> [Description of the task]: Of all the entries below, only the lines from the one with "pub remote : HostRecord" up to and including the one with "caught (ok u, store) = (ok (send 204), store)" are to be duplicated exactly.
---- Data
-- ===== src/Server/Activity.antt =====
-- `updateSessionActivityFromRequest` and its route under `/v1`.
pub mod Laws
mod Tests
use base_layer.Base.{
  ℕ, Bool, not, Option, none, some, [], ◌∷◌, String, if◌then◌else◌, Result, ok, err,
}
use base_layer.Types.{
  HostRecord, SessionRecord, SessionActivityState, SessionEventRecord, EventScalar,
  ProviderEventData, control_plane, session_activity_updated,
}
use base_layer.Types.Platform.{Platform}
use base_layer.Partner.{PartnerAuthContext, can_partner_access_session}
use base_layer.Store.File.{ControlPlaneStore}
use base_layer.Store.Reads.{get_session, get_host}
use base_layer.Server.Handler.{Handler, ◌>>=◌, ◌>>◌, pure, lift, await, Reply, send}
use base_layer.Server.Report.{Call, record_event, activity_of, activity_scalar, activity_text}

-- The clock, the node agent's answer, what others do while the handler awaits it, and what the store's
-- call takes.
pub record ActivityRun : Type 0 where
  pub now : ℕ
  pub remote : HostRecord → Result (Unit {0})
  pub others : ControlPlaneStore → ControlPlaneStore
  pub event : Call

abbrev pub update_details : Option SessionActivityState → SessionActivityState → ProviderEventData
update_details previous next =
    ("previousActivityState", activity_scalar previous)
    ∷ ("nextActivityState", EventScalar.text (activity_text next))
    ∷ ("source", EventScalar.text "provider-api")
    ∷ []

abbrev pub caught : Result (Unit {0}) × ControlPlaneStore → Result Reply × ControlPlaneStore
caught (ok u, store) = (ok (send 204), store)
caught (err e, store) = (ok (send 502), store)

module _ (platform : Platform) (run : ActivityRun) (id : String) where
  unfoldable pub update_event : SessionRecord → SessionActivityState → SessionEventRecord
  update_event session next = record {
    event_id = run.event.event_id;
    session_id = id;
    ts = run.event.now;
    source = control_plane;
    type = session_activity_updated;
    status = some session.status;
    activity_state = some next;
    exit_reason = none;
    details = some (update_details (activity_of session.last_known_metrics) next);
  }

  -- What the handler tries: the call of the node agent, and the event.
  abbrev pub try_update : HostRecord → SessionRecord → SessionActivityState → Handler (Unit {0})
  try_update host session next =
      await run.others
      >> (lift (run.remote host) >> record_event platform run.event (update_event session next))

  abbrev pub update_on : Option HostRecord → SessionRecord → SessionActivityState → Handler Reply
  update_on none session next store = (ok (send 409), store)
  update_on (some host) session next store = caught (try_update host session next store)

  abbrev pub update_parsed : Option SessionActivityState → SessionRecord → Handler Reply
  update_parsed none session = pure (send 400)
  update_parsed (some next) session = do
    host ← get_host platform run.now session.host_id
    update_on host session next

  abbrev pub update_found : Option SessionActivityState → Option SessionRecord → Handler Reply
  update_found parsed none = pure (send 404)
  update_found parsed (some session) = update_parsed parsed session

  -- `parsed` is what the schema makes of the body's activity.
  unfoldable pub update_session_activity_from_request : Option SessionActivityState → Handler Reply
  unfolding update_event
  update_session_activity_from_request parsed = get_session platform id >>= update_found parsed

  abbrev pub update_seen :
      Option PartnerAuthContext → Option SessionActivityState → Option SessionRecord → Handler Reply
  update_seen auth parsed none = pure (send 404)
  update_seen auth parsed (some session) =
      if not (can_partner_access_session session auth)
      then pure (send 404)
      else update_session_activity_from_request parsed

  -- `POST /v1/sessions/:sessionId/activity`
  unfoldable pub update_v1_activity :
      Option PartnerAuthContext → Option SessionActivityState → Handler Reply
  unfolding update_session_activity_from_request
  update_v1_activity auth parsed = get_session platform id >>= update_seen auth parsed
--------
> [Solution to the problem]:
  pub remote : HostRecord → Result (Unit {0})
  pub others : ControlPlaneStore → ControlPlaneStore
  pub event : Call

abbrev pub update_details : Option SessionActivityState → SessionActivityState → ProviderEventData
update_details previous next =
    ("previousActivityState", activity_scalar previous)
    ∷ ("nextActivityState", EventScalar.text (activity_text next))
    ∷ ("source", EventScalar.text "provider-api")
    ∷ []

abbrev pub caught : Result (Unit {0}) × ControlPlaneStore → Result Reply × ControlPlaneStore
caught (ok u, store) = (ok (send 204), store)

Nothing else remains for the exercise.